Townes and his colleagues built what's called an interferometer on Mount Wilson, a 5,700-foot (1,742-meter) peak just east of Los Angeles.

Interferometry is a method of combining radio waves or light from two or more telescopes separated by several feet or even miles to effectively create one large telescope. The technique has been widely used in radio astronomy, but Townes' team is the first to employ it to gather radiation in the mid-infrared portion of the electromagnetic spectrum. They use two 65-inch (1.65-meter) telescopes mounted on trailers so the distance between them can be easily changed.

But when gathering a wide range of frequencies, even within the infrared portion of the spectrum, an interferometer (or any telescope for that matter) will see radiation emitted by water vapor and other gas in the cloud around a star. So Townes turned to his expertise with lasers.

"Mixing starlight and laser light, when I first heard of the idea ... sounded almost like alchemy -- a mythic mixing of the pure and elemental in pursuit of gold," Tuthill says. "However, unlike alchemy, it is founded upon solid principles."
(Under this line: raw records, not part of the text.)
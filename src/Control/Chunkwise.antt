-- ===== src/Control/Chunkwise.antt =====
-- What the sending of one chunk of `post_reply` (src/discode/runner/control_api.py) records, and what
-- it leaves of the others.
use discode.Base.{
  Bool-cases, List, Option-cases, [], arith, inl, inr, refl, rowcount, some, suc, ℕ, ◌+◌, ◌<◌, ◌==◌,
  ◌∷◌, ◌≡◌, ◌≢◌,
}
use discode.Data.{Database, Ident, IsUnique, Session, Slot, Text, Time, insert_key}
use discode.Config.{Settings}
use discode.Dispatcher.Claim.{Outbound}
use discode.Control.Chunks.{
  Claim, checkpoint, chunk_slot, claim_chunk, claim_pending, end_lease, is_claimable, pending_row,
  release, set_message, ten_minutes,
}
use discode.Control.Claims.{claim_chunk-IsUnique, claim_chunk_leases}
use discode.Control.Sending.{owned-IsUnique}
use discode.Control.Replay.{AreApart, recorded, send_chunk_world}
use discode.Control.Posted.{by_claim_records, send_keeps}
use discode.Control.Reply.{
  ChunkCourse, Response, SendResult, by_claim, go_on, post_chunks, send_checkpointed, send_chunk,
  settle_chunk,
}

claim_pending_known :
    (now : Time) (owner : Ident) (slot : Slot) (db : Database) (id : Ident)
    → (claim_pending now owner slot db).1 ≢ Claim.checkpointed id
claim_pending_known now owner slot db id e =
    elim (Bool-cases (rowcount (is_claimable now slot) db.idempotency_keys == 0)) [
      | inl z ↦ ground (arith, e)
      | inr z ↦ ground (arith, e)
    ]

-- What a claim answers with is recorded.
claim_known :
    (now : Time) (owner : Ident) (slot : Slot) (sid : Ident) (db : Database) (id : Ident)
    → (claim_chunk now owner slot sid db).1 ≡ Claim.checkpointed id
    → recorded slot (claim_chunk now owner slot sid db).0 ≡ some id
unfolding claim_chunk
claim_known now owner slot sid db id e =
    let inserted = insert_key (pending_row slot sid) db in
    elim (Option-cases (recorded slot inserted)) [
      | inr (m, f) ↦ ground (arith, e)
      | inl f ↦ absurd (claim_pending_known now owner slot inserted id (ground (arith, e)))
    ]

settle-IsUnique :
    (c : ChunkCourse) (slot : Slot) (r : Outbound × SendResult)
    → (IsUnique r.0.db → IsUnique (c.after r.0.db))
    → IsUnique r.0.db
    → IsUnique (settle_chunk c slot r).0.db
unfolding release checkpoint
settle-IsUnique c slot (w, SendResult.sent_as m) after unique =
    owned-IsUnique c.owner slot end_lease (checkpoint c.owner slot m (c.after w.db)) (λ k. refl)
      (owned-IsUnique c.owner slot (set_message m) (c.after w.db) (λ k. refl) (after unique))
settle-IsUnique c slot (w, SendResult.stopped r) after unique =
    owned-IsUnique c.owner slot end_lease w.db (λ k. refl) unique

by_claim-IsUnique :
    (cfg : Settings) (host sid : Ident) (info : Session) (content : Text) (slot : Slot)
    (c : ChunkCourse) (w : Outbound) (claim : Database × Claim)
    → ((db : Database) → IsUnique db → IsUnique (c.before db))
    → ((db : Database) → IsUnique db → IsUnique (c.after db))
    → IsUnique claim.0
    → IsUnique (by_claim c slot (send_chunk cfg host sid info slot content c) w claim).0.db
by_claim-IsUnique cfg host sid info content slot c w (db, Claim.checkpointed id) before after
      unique =
    unique
by_claim-IsUnique cfg host sid info content slot c w (db, Claim.in_progress) before after unique =
    unique
by_claim-IsUnique cfg host sid info content slot c w (db, Claim.claimed) before after unique =
    let r = send_chunk cfg host sid info slot content c (record w { db = db }) in
    settle-IsUnique c slot r (after r.0.db) (
      rw (send_chunk_world cfg host sid info slot content c (record w { db = db }))
        (before db unique))

pub send-IsUnique :
    (cfg : Settings) (host sid : Ident) (info : Session) (content : Text) (ikey idx : Ident)
    (courses : ℕ → ChunkCourse) (w : Outbound)
    → AreApart sid ikey courses
    → IsUnique w.db
    → IsUnique
        (send_checkpointed sid
          (chunk_slot sid ikey idx)
          (courses idx)
          (send_chunk cfg host sid info (chunk_slot sid ikey idx) content (courses idx))
          w).0.db
unfolding send_checkpointed
send-IsUnique cfg host sid info content ikey idx courses w apart unique =
    let c = courses idx in
    let slot = chunk_slot sid ikey idx in
    by_claim-IsUnique cfg host sid info content slot c w (claim_chunk c.now c.owner slot sid w.db)
      (λ db. ((apart idx).0 db).0) (λ db. ((apart idx).1 db).0)
      (claim_chunk-IsUnique c.now c.owner slot sid w.db unique)

pub send_records :
    (cfg : Settings) (host sid : Ident) (info : Session) (content : Text) (ikey idx m : Ident)
    (courses : ℕ → ChunkCourse) (w : Outbound)
    → AreApart sid ikey courses
    → IsUnique w.db
    → (send_checkpointed sid
        (chunk_slot sid ikey idx)
        (courses idx)
        (send_chunk cfg host sid info (chunk_slot sid ikey idx) content (courses idx))
        w).1
      ≡ SendResult.sent_as m
    → recorded
        (chunk_slot sid ikey idx)
        (send_checkpointed sid
          (chunk_slot sid ikey idx)
          (courses idx)
          (send_chunk cfg host sid info (chunk_slot sid ikey idx) content (courses idx))
          w).0.db
      ≡ some m
unfolding send_checkpointed
send_records cfg host sid info content ikey idx m courses w apart unique e =
    let c = courses idx in
    let slot = chunk_slot sid ikey idx in
    by_claim_records cfg host sid info content ikey idx m c (c.now + ten_minutes) w
      (claim_chunk c.now c.owner slot sid w.db) (apart idx).0 (apart idx).1
      (claim_chunk_leases c.now c.owner slot sid w.db unique)
      (λ id f. claim_known c.now c.owner slot sid w.db id f) e

go_on_keeps :
    (slot : Slot) (m : Ident) (rest : Outbound → Outbound × Response) (r : Outbound × SendResult)
    → recorded slot r.0.db ≡ some m
    → ((v : Outbound) → recorded slot v.db ≡ some m → recorded slot (rest v).0.db ≡ some m)
    → recorded slot (go_on rest r).0.db ≡ some m
go_on_keeps slot m rest (w, SendResult.stopped f) e after = e
go_on_keeps slot m rest (w, SendResult.sent_as id) e after = after w e

pub post_chunks_keep :
    (cfg : Settings) (host sid : Ident) (info : Session) (ikey : Ident) (courses : ℕ → ChunkCourse)
    (j m idx : ℕ) (chunks : List Text) (w : Outbound)
    → AreApart sid ikey courses
    → j < idx
    → recorded (chunk_slot sid ikey j) w.db ≡ some m
    → recorded
        (chunk_slot sid ikey j)
        (post_chunks cfg host sid info ikey courses idx chunks w).0.db
      ≡ some m
unfolding post_chunks
post_chunks_keep cfg host sid info ikey courses j m idx [] w apart lt e = e
post_chunks_keep cfg host sid info ikey courses j m idx (x ∷ chunks) w apart lt e =
    let slot = chunk_slot sid ikey idx in
    go_on_keeps (chunk_slot sid ikey j) m
      (post_chunks cfg host sid info ikey courses (suc idx) chunks)
      (send_checkpointed sid slot (courses idx) (send_chunk cfg host sid info slot x (courses idx))
        w)
      (send_keeps cfg host sid info x ikey j idx m (courses idx) w (ground (arith, lt))
        (apart idx).0 (apart idx).1 e)
      (λ v k.
        post_chunks_keep cfg host sid info ikey courses j m (suc idx) chunks v apart
          (omega (arith, lt)) k)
Tuthill, who was not involved in the new study, worked with Townes at Berkeley from 1995 to 1999 and is familiar with the technique. He said Townes has set a benchmark for other optical interferometers to measure up to, adding that the ten years of ISI measurements leading up to this latest study "has pioneered a new field and established its legitimacy to an often skeptical astronomical community."
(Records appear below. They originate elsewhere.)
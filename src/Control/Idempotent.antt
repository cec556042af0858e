-- ===== src/Control/Idempotent.antt =====
-- Posting a reply twice through `post_reply` (src/discode/runner/control_api.py).
use mathlib.Core.Path.{subst}
-- what the loop has done if it answers with messages
use discode.Base.{Bool, List, [], ap, arith, length, refl, some, suc, sym, true, ℕ, ◌∙◌, ◌∷◌, ◌≡◌}
use discode.Data.{Database, Ident, IsUnique, Session, Text, get_key, is_ready}
use discode.Config.{Settings, outbound_allowed}
use discode.Dispatcher.Message.{build_message}
use discode.Dispatcher.Claim.{Outbound}
use discode.Control.Chunks.{chunk_slot}
use discode.Control.Replay.{AreApart, AreRecorded, post_chunks_recorded, recorded}
use discode.Control.Chunkwise.{post_chunks_keep, send-IsUnique, send_records}
use discode.Control.Reply.{
  ChunkCourse, ReplyBody, Response, SendResult, add_message, chunks_or_empty, go_on, has_version,
  post_chunks, post_reply, send_checkpointed, send_chunk, session_lookup,
}

abbrev pub IsPosted : Ident → Ident → ℕ → List Text → Outbound × Response → Type 0
IsPosted sid ikey idx chunks r =
    (ids : List Ident)
    → r.1 ≡ Response.ok ids
    → (length ids ≡ length chunks) × AreRecorded sid ikey idx ids r.0.db

abbrev messages : Response → List Ident
messages (Response.ok ids) = ids
messages (Response.failed f) = []

go_on-IsPosted :
    (sid ikey idx : ℕ) (x : Text) (chunks : List Text) (rest : Outbound → Outbound × Response)
    (r : Outbound × SendResult)
    → ((m : Ident)
        → r.1 ≡ SendResult.sent_as m
        → recorded (chunk_slot sid ikey idx) (rest r.0).0.db ≡ some m)
    → IsPosted sid ikey (suc idx) chunks (rest r.0)
    → IsPosted sid ikey idx (x ∷ chunks) (go_on rest r)
go_on-IsPosted sid ikey idx x chunks rest (w, SendResult.stopped f) known posted ids e = cc
go_on-IsPosted sid ikey idx x chunks rest (w, SendResult.sent_as m) known posted ids e =
    added (rest w).1 ids refl e
  where
    added :
        (answer : Response) (all : List Ident)
        → (rest w).1 ≡ answer
        → add_message m answer ≡ Response.ok all
        → (length all ≡ length (x ∷ chunks)) × AreRecorded sid ikey idx all (rest w).0.db
    added (Response.failed f) all same e = cc
    added (Response.ok ids) all same e =
        let (n, h) = posted ids same in
        subst (λ l. (length l ≡ length (x ∷ chunks)) × AreRecorded sid ikey idx l (rest w).0.db)
          (ap messages e) (omega (arith, n), (known m refl, h))

nothing-IsPosted : (sid ikey idx : ℕ) (w : Outbound) → IsPosted sid ikey idx [] (w, Response.ok [])
nothing-IsPosted sid ikey idx w [] e = (refl, tt)
nothing-IsPosted sid ikey idx w (m ∷ ids) e = cc (ap messages e)

post_chunks-IsPosted :
    (cfg : Settings) (host sid : Ident) (info : Session) (ikey : Ident) (courses : ℕ → ChunkCourse)
    (idx : ℕ) (chunks : List Text) (w : Outbound)
    → AreApart sid ikey courses
    → IsUnique w.db
    → IsPosted sid ikey idx chunks (post_chunks cfg host sid info ikey courses idx chunks w)
unfolding post_chunks
post_chunks-IsPosted cfg host sid info ikey courses idx [] w apart unique =
    nothing-IsPosted sid ikey idx w
post_chunks-IsPosted cfg host sid info ikey courses idx (x ∷ chunks) w apart unique =
    let slot = chunk_slot sid ikey idx in
    let r =
      send_checkpointed sid slot (courses idx) (send_chunk cfg host sid info slot x (courses idx))
        w in
    go_on-IsPosted sid ikey idx x chunks
      (post_chunks cfg host sid info ikey courses (suc idx) chunks) r
      (λ m e.
        post_chunks_keep cfg host sid info ikey courses idx m (suc idx) chunks r.0 apart
          (omega arith) (send_records cfg host sid info x ikey idx m courses w apart unique e))
      (post_chunks-IsPosted cfg host sid info ikey courses (suc idx) chunks r.0 apart
        (send-IsUnique cfg host sid info x ikey idx courses w apart unique))

AreRecorded-elsewhere :
    (sid ikey idx : ℕ) (ids : List Ident) (db db' : Database)
    → ((j : ℕ) → get_key (chunk_slot sid ikey j) db' ≡ get_key (chunk_slot sid ikey j) db)
    → AreRecorded sid ikey idx ids db
    → AreRecorded sid ikey idx ids db'
AreRecorded-elsewhere sid ikey idx [] db db' same h = tt
AreRecorded-elsewhere sid ikey idx (m ∷ ids) db db' same (e, h) =
    (ground (arith, e, same idx), AreRecorded-elsewhere sid ikey (suc idx) ids db db' same h)

-- the session takes this reply now
abbrev pub Takes : Settings → Ident → Ident → ReplyBody → Database → Type 0
Takes cfg host sid body db =
    (info : Session) × (session_lookup host sid db ≡ some info)
    × (is_ready info.status ≡ true)
    × (has_version body.lifecycle_version info ≡ true)
    × (outbound_allowed cfg ≡ true)

post_reply_taken :
    (cfg : Settings) (is_word : ℕ → Bool) (redact : Text → Text) (host sid : Ident)
    (body : ReplyBody) (courses : ℕ → ChunkCourse) (w : Outbound)
    → Takes cfg host sid body w.db
    → (info : Session) × (post_reply cfg is_word redact host sid body courses w
        ≡ post_chunks cfg host sid info body.idempotency_key courses 0
            (chunks_or_empty (build_message is_word (redact body.text)))
            w)
unfolding post_reply
post_reply_taken cfg is_word redact host sid body courses w (info, found, ready, version, out) =
    (info, ground (arith, found, ready, version, out))

-- A reply that was answered with its messages, and is posted again, is answered with the same
-- messages; nothing is sent and the database stays as it is. The session takes the reply both
-- times, keys are unique, and other processes leave the keys of the reply alone.
pub post_reply_idempotent :
    (cfg : Settings) (is_word : ℕ → Bool) (redact : Text → Text) (host sid : Ident)
    (body : ReplyBody) (courses again : ℕ → ChunkCourse) (w v : Outbound) (ids : List Ident)
    → Takes cfg host sid body w.db
    → Takes cfg host sid body v.db
    → AreApart sid body.idempotency_key courses
    → IsUnique w.db
    → (post_reply cfg is_word redact host sid body courses w).1 ≡ Response.ok ids
    → ((j : ℕ)
        → get_key (chunk_slot sid body.idempotency_key j) v.db
          ≡ get_key
              (chunk_slot sid body.idempotency_key j)
              (post_reply cfg is_word redact host sid body courses w).0.db)
    → post_reply cfg is_word redact host sid body again v ≡ (v, Response.ok ids)
post_reply_idempotent cfg is_word redact host sid body courses again w v ids takes retakes apart
      unique e same =
    let ikey = body.idempotency_key in
    let chunks = chunks_or_empty (build_message is_word (redact body.text)) in
    let (info, first) = post_reply_taken cfg is_word redact host sid body courses w takes in
    let (info', second) = post_reply_taken cfg is_word redact host sid body again v retakes in
    let posted = post_chunks cfg host sid info ikey courses 0 chunks w in
    let (n, h) =
      post_chunks-IsPosted cfg host sid info ikey courses 0 chunks w apart unique ids
        (ap (λ r. r.1) (sym first) ∙ e) in
    second
    ∙ post_chunks_recorded cfg host sid info' ikey again 0 chunks ids v n (
        AreRecorded-elsewhere sid ikey 0 ids posted.0.db v.db
          (λ j. same j ∙ ap (λ r. get_key (chunk_slot sid ikey j) r.0.db) first) h)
Interferometers do not produce conventional images. Instead, they produce data that can be used to derive the size of objects, like stars, and the size and shape of features within those objects.
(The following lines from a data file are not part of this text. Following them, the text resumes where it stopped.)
-- ===== src/Create.antt =====
-- src/discode/bot/sagas/create.py and src/discode/db/accessors/supersede.py: a new session.
pub mod Saga
pub mod Limit
pub mod Supersede
pub mod Released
The physics behind an interferometer is complex, but in a nutshell it involves combining light from two or more telescopes and determining how the pair of light waves interfere with one another. If both waves are in step, or in phase, the crest of the waves coincide and add together to form a single wave whose size is doubled.

This results in an "interference fringe."

The fringes in Townes' new study reveal a phenomenon that was first predicted in the early 1920s by Albert Michelson, who made the initial attempts at interferometry, ironically, from Mount Wilson when Townes was just six years old.

Michelson predicted that the material surrounding a red giant would shade the star more on the edges than at the center, making the star appear smaller than it really is.

The effect, which Michelson called limb darkening, has been widely recognized, but no one has known exactly how much of it to factor into their measurements. Finding two stars that were 10 percent larger than expected is in line with what might be expected from limb darkening, Townes said, but it does not account for the 30 percent increase in the size estimate for Mira.

The new finding "throws more gasoline on a fiery debate concerning the pulsation of Mira variable stars," Tuthill said. He said researchers disagree over whether the stars oscillate in a fundamental mode, like a pure note struck by a tuning fork, or in a more complex overtone mode, as when multiple frequencies combine to create the sound of a note produced by a particular instrument.

"Most theorists would like to see fundamental mode pulsation, and have been somewhat dismissive of measurements which imply that the stars are too large to be fundamental pulsators and must therefore be pulsating in an overtone."

But Tuthill said the new measurements, implying larger sizes, might force astronomers "to sit up and take notice of what nature is telling us, rather than relying on their computer simulations for guidance."

The work was recently published in the Astrophysical Journal and was discussed at a June meeting of the American Astronomical Society by Jonathan Weiner, a graduate student working under Townes. David D. Snyder Hale of the Mount Wilson Observatory and John H. Lacy of the University of Texas also contributed to the study.

The ISI has been sponsored by the National Science Foundation and the Office of Naval Research. A third telescope will go online later this year and should allow Townes and his colleagues to determine if Mira and stars like it are round, asymmetrical, or if they have patches of brightness sticking out in certain locations.

"Everybody assumes they're pretty much round," Townes said. "My guess is it's probably true, but we feel it ought to be measured carefully."